▶ **TASK INSTRUCTIONS**
Your answer should hold all lines of the entries that include the word "plain".

BEGIN INFORMATION PROVIDED

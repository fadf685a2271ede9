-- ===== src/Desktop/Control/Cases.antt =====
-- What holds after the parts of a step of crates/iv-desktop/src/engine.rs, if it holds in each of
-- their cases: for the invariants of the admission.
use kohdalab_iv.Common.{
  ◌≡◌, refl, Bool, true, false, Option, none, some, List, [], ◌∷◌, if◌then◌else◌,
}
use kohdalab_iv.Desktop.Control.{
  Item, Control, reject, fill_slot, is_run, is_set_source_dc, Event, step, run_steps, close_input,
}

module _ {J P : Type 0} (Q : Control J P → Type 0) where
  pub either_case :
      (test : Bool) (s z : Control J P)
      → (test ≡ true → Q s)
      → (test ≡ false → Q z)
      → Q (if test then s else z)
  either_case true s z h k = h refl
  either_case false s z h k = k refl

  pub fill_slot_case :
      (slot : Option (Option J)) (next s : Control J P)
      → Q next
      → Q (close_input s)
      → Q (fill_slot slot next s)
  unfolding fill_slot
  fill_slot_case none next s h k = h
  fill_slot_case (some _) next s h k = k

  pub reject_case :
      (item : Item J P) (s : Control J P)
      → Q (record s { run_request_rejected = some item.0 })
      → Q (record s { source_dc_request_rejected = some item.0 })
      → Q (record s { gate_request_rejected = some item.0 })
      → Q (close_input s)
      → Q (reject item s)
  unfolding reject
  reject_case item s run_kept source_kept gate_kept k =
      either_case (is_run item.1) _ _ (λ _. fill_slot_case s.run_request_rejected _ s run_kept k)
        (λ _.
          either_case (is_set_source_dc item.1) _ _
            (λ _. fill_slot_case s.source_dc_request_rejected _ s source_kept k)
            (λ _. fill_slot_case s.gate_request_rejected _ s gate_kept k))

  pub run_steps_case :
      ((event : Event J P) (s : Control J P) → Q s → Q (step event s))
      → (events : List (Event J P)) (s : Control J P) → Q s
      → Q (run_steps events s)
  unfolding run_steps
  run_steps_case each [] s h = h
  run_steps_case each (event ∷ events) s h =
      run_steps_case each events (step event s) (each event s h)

END INFORMATION PROVIDED
BEGIN INFORMATION PROVIDED

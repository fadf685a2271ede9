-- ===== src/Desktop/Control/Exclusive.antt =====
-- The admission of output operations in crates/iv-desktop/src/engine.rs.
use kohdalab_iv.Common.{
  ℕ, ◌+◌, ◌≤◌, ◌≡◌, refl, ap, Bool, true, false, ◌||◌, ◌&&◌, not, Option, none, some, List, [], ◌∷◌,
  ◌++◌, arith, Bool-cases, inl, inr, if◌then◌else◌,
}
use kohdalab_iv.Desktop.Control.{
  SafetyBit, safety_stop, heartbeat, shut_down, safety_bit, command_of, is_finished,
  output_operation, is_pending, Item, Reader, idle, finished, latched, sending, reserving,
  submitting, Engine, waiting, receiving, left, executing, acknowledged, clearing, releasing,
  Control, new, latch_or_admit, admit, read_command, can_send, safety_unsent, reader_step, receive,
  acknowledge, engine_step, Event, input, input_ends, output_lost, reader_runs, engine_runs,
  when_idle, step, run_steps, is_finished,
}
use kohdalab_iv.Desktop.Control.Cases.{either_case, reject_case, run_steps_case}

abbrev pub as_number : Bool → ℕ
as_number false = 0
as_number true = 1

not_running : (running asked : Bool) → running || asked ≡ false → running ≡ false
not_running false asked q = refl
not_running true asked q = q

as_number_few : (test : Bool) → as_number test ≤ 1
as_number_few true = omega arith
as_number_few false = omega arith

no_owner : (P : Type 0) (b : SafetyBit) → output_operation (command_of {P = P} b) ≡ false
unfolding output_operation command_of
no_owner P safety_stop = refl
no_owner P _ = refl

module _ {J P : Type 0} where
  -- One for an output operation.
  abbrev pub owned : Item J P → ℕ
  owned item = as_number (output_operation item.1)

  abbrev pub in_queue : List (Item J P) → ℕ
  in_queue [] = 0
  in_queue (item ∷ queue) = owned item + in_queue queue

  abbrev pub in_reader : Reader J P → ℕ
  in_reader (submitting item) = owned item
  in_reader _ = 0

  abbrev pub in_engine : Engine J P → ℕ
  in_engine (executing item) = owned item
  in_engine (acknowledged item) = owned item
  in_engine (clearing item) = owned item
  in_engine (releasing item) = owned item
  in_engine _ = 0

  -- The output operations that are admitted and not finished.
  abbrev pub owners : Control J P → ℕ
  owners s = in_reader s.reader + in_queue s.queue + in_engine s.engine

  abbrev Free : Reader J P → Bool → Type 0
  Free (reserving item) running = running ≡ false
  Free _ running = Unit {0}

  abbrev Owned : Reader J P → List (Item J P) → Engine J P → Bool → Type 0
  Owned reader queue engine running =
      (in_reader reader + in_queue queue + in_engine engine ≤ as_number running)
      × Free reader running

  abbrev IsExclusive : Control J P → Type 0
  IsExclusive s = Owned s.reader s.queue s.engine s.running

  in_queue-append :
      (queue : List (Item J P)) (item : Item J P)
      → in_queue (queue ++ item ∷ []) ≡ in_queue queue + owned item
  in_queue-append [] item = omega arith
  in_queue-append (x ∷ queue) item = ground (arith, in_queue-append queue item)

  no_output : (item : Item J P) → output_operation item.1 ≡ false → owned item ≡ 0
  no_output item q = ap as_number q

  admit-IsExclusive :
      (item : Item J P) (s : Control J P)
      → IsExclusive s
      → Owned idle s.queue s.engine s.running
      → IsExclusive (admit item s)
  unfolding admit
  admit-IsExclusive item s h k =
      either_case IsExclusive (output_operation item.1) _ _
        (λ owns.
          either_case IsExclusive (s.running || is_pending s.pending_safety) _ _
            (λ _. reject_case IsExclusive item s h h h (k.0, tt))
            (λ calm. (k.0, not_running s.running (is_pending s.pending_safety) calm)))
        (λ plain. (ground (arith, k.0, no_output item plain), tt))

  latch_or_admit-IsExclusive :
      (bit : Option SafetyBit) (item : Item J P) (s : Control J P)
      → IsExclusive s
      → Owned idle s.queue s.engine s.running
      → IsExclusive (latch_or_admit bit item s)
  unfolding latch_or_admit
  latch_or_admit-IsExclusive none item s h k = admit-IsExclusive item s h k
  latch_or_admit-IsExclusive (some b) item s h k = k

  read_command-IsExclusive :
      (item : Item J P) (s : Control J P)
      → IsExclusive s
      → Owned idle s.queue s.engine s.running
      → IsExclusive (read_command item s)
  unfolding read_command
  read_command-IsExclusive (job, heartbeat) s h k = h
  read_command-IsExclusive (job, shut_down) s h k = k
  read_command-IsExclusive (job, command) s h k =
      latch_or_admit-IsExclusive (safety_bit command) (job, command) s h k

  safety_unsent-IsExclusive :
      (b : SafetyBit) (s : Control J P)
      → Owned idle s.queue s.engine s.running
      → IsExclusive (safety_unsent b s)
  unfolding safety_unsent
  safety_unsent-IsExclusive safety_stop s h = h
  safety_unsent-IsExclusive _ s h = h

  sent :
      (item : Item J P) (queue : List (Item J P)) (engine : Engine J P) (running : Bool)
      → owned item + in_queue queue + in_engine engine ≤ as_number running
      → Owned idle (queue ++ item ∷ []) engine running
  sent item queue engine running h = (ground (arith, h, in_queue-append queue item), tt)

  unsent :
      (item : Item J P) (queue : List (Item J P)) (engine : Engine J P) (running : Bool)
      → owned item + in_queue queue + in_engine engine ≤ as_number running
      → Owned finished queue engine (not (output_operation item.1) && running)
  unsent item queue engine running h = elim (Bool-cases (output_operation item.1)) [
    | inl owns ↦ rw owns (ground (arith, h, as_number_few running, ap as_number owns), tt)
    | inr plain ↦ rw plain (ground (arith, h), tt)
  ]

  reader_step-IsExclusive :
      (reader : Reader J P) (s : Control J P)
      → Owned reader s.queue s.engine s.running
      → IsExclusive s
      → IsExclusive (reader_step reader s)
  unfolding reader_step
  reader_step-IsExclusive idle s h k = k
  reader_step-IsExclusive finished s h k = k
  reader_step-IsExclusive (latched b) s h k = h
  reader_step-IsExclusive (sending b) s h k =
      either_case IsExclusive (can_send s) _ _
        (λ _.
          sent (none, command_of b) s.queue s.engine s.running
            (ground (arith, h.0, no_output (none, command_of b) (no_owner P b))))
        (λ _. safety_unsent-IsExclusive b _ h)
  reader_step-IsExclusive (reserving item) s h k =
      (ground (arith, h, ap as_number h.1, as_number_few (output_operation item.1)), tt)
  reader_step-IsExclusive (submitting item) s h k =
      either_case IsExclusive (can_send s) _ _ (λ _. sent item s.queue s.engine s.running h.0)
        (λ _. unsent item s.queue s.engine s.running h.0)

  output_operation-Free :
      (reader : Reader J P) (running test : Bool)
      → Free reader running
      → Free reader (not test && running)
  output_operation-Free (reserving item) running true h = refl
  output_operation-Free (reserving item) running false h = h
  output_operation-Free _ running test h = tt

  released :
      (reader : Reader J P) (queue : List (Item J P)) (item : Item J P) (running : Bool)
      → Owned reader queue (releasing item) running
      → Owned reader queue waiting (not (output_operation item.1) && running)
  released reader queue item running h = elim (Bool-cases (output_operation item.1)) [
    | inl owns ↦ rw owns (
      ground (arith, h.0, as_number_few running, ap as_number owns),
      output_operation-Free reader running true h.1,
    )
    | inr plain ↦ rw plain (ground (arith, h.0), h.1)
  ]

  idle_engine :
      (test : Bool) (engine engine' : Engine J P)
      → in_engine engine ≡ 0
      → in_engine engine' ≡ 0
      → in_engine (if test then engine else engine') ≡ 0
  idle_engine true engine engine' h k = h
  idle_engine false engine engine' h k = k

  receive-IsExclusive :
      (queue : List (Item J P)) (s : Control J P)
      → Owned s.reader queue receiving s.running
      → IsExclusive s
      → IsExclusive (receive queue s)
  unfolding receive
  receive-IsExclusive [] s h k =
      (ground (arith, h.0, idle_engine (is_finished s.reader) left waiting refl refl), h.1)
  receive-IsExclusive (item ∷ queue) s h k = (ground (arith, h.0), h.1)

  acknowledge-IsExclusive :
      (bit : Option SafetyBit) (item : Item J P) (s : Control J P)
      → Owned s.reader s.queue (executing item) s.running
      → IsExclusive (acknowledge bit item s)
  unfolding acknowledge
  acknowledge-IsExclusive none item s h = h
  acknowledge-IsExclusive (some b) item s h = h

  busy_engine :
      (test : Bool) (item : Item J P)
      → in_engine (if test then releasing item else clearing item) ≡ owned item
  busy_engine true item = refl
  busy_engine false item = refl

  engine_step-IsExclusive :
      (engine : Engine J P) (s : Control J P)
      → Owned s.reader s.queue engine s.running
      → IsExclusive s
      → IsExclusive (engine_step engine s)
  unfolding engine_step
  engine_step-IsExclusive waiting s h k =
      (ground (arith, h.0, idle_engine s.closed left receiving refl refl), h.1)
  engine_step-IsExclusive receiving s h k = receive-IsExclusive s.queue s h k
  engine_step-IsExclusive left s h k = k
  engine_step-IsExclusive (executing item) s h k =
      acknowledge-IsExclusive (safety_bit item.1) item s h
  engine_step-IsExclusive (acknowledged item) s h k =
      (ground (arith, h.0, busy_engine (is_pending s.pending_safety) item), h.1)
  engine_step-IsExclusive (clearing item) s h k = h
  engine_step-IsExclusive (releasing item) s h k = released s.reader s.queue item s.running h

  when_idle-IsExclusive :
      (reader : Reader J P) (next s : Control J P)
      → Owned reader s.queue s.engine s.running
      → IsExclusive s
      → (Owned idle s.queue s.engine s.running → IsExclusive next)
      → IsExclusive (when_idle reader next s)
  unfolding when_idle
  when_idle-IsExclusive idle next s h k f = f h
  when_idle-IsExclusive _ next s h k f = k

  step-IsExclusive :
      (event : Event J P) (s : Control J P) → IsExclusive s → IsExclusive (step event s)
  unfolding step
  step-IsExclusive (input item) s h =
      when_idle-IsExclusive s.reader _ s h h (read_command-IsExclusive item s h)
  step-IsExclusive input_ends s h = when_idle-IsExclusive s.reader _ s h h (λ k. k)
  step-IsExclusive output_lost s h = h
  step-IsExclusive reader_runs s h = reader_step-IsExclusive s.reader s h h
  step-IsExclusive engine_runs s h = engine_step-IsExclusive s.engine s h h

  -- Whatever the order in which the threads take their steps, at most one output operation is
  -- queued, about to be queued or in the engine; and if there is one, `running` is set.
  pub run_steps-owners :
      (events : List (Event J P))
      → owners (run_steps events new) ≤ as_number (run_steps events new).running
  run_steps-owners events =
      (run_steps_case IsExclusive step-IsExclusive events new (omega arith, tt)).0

END INFORMATION PROVIDED

▶ **YOUR SOLUTION**
        (λ plain. (ground (arith, k.0, no_output item plain), tt))
    | inr plain ↦ rw plain (ground (arith, h), tt)
    | inr plain ↦ rw plain (ground (arith, h.0), h.1)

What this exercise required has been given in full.